Problem details:
Below are records; reproduce exactly the lines from the first through the one containing "pub of_table : any".

Data records:
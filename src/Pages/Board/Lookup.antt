-- ===== src/Pages/Board/Lookup.antt =====
-- Whom the lookup by a number finds, and where a delivery stands on the board.
use javi.Prelude.{
  ◌≤◌, String, ◌≡◌, refl, ◌⊎◌, inl, inr, true, false, ◌==◌, leb, ==_refl, any, select, Option, none,
  some, List, [], ◌∷◌, All, arith, Bool-cases, if◌then◌else◌,
}
use javi.Model.{Shop, Delivery}
use javi.World.{Db}
use javi.Pages.Board.{newest, Recipient, is_to, last_to, recipient_lookup}

-- Each delivery of the table to this number of this shop, that is not deleted, is no newer.
abbrev AreNoNewer : Shop → String → Delivery → List Delivery → Type 0
AreNoNewer shop phone d rows =
    All (λ (x : Delivery). is_to shop phone x ≡ true → x.created_at ≤ d.created_at) rows

pub record IsLast (shop : Shop) (phone : String) (db : Db) (r : Recipient) : Type 0 where
  pub delivery : Delivery
  pub to_phone : is_to shop phone delivery ≡ true
  pub of_table : any (λ (x : Delivery). x.id == delivery.id) db.deliveries ≡ true
  pub no_newer : AreNoNewer shop phone delivery db.deliveries
  pub name : r.name ≡ delivery.recipient_name
  pub address : r.address ≡ delivery.dest_address
  pub language : r.language ≡ delivery.recipient_language

weaken :
    (shop : Shop) (phone : String) (d e : Delivery) (rows : List Delivery)
    → d.created_at ≤ e.created_at
    → AreNoNewer shop phone d rows
    → AreNoNewer shop phone e rows
weaken shop phone d e [] le all = tt
weaken shop phone d e (x ∷ rows) le (h, all) =
    (λ own. omega (arith, h own), weaken shop phone d e rows le all)

-- Nothing is found, and nothing is there; or the newest is.
abbrev Found : Shop → String → List Delivery → Option Delivery → Type 0
Found shop phone rows none = any (is_to shop phone) rows ≡ false
Found shop phone rows (some d) =
    (is_to shop phone d ≡ true)
    × (any (λ (x : Delivery). x.id == d.id) rows ≡ true)
    × AreNoNewer shop phone d rows

none_there :
    (shop : Shop) (phone : String) (d : Delivery) (rows : List Delivery)
    → any (is_to shop phone) rows ≡ false
    → AreNoNewer shop phone d rows
unfolding any
none_there shop phone d [] h = tt
none_there shop phone d (x ∷ rows) h =
    (λ own. ground (arith, h, own), none_there shop phone d rows (ground (arith, h)))

picked :
    (shop : Shop) (phone : String) (d : Delivery) (rows : List Delivery) (o : Option Delivery)
    → is_to shop phone d ≡ true
    → Found shop phone rows o
    → Found shop phone (d ∷ rows) (elim o [
      | none ↦ some d
      | some later ↦ if leb later.created_at d.created_at then some d else some later
    ])
unfolding any
picked shop phone d rows none own h =
    (own, ground (arith, ==_refl d.id), (λ _. omega arith, none_there shop phone d rows h))
picked shop phone d rows (some later) own (l_own, there, all) =
    elim (Bool-cases (leb later.created_at d.created_at)) [
      | inl le ↦ rw le (
        own,
        ground (arith, ==_refl d.id),
        (λ _. omega arith, weaken shop phone later d rows (ground (arith, le)) all),
      )
      | inr gt ↦ rw gt (l_own, ground (arith, there), (λ _. ground (arith, gt), all))
    ]

skipped :
    (shop : Shop) (phone : String) (d : Delivery) (rows : List Delivery) (o : Option Delivery)
    → is_to shop phone d ≡ false
    → Found shop phone rows o
    → Found shop phone (d ∷ rows) o
unfolding any
skipped shop phone d rows none other h = ground (arith, other, h)
skipped shop phone d rows (some later) other (l_own, there, all) =
    (l_own, ground (arith, there), (λ own. ground (arith, other, own), all))

newest-Found :
    (shop : Shop) (phone : String) (rows : List Delivery)
    → Found shop phone rows (newest (select (is_to shop phone) rows))
unfolding newest select any
newest-Found shop phone [] = refl
newest-Found shop phone (d ∷ rows) = elim (Bool-cases (is_to shop phone d)) [
  | inl own ↦ rw own (
      picked shop phone d rows (newest (select (is_to shop phone) rows)) own
        (newest-Found shop phone rows))
  | inr other ↦ rw other (
      skipped shop phone d rows (newest (select (is_to shop phone) rows)) other
        (newest-Found shop phone rows))
]

found_row :
    (shop : Shop) (phone : String) (db : Db) (o : Option Delivery)
    → last_to shop phone db ≡ o
    → Found shop phone db.deliveries o
    → ((recipient_lookup (some shop) (some phone) db ≡ none)
        × (any (is_to shop phone) db.deliveries ≡ false))
      ⊎ ((r : Recipient) × (recipient_lookup (some shop) (some phone) db ≡ some r)
          × IsLast shop phone db r)
unfolding recipient_lookup
found_row shop phone db none e h = inl (rw e refl, h)
found_row shop phone db (some d) e (own, there, all) = inr (
  record { name = d.recipient_name; address = d.dest_address; language = d.recipient_language },
  rw e refl,
  record {
    delivery = d;
    to_phone = own;
    of_table = there;
    no_newer = all;
    name = refl;
    address = refl;
    language = refl;
  },
)

-- The lookup by a number finds nothing exactly when no delivery of the account's shop went to it,
-- of those that are not deleted; otherwise it answers what a newest one of these has.
recipient_lookup_lem :
    (shop : Shop) (phone : String) (db : Db)
    → ((recipient_lookup (some shop) (some phone) db ≡ none)
        × (any (is_to shop phone) db.deliveries ≡ false))
      ⊎ ((r : Recipient) × (recipient_lookup (some shop) (some phone) db ≡ some r)
          × IsLast shop phone db r)
unfolding last_to
recipient_lookup_lem shop phone db =
    found_row shop phone db (newest (select (is_to shop phone) db.deliveries)) refl
      (newest-Found shop phone db.deliveries)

Written solution:
filename src/Pages/Board/Lookup.antt
-- ===== src/Pages/Board/Lookup.antt =====
-- Whom the lookup by a number finds, and where a delivery stands on the board.
use javi.Prelude.{
  ◌≤◌, String, ◌≡◌, refl, ◌⊎◌, inl, inr, true, false, ◌==◌, leb, ==_refl, any, select, Option, none,
  some, List, [], ◌∷◌, All, arith, Bool-cases, if◌then◌else◌,
}
use javi.Model.{Shop, Delivery}
use javi.World.{Db}
use javi.Pages.Board.{newest, Recipient, is_to, last_to, recipient_lookup}

-- Each delivery of the table to this number of this shop, that is not deleted, is no newer.
abbrev AreNoNewer : Shop → String → Delivery → List Delivery → Type 0
AreNoNewer shop phone d rows =
    All (λ (x : Delivery). is_to shop phone x ≡ true → x.created_at ≤ d.created_at) rows

pub record IsLast (shop : Shop) (phone : String) (db : Db) (r : Recipient) : Type 0 where
  pub delivery : Delivery
  pub to_phone : is_to shop phone delivery ≡ true
  pub of_table : any (λ (x : Delivery). x.id == delivery.id) db.deliveries ≡ true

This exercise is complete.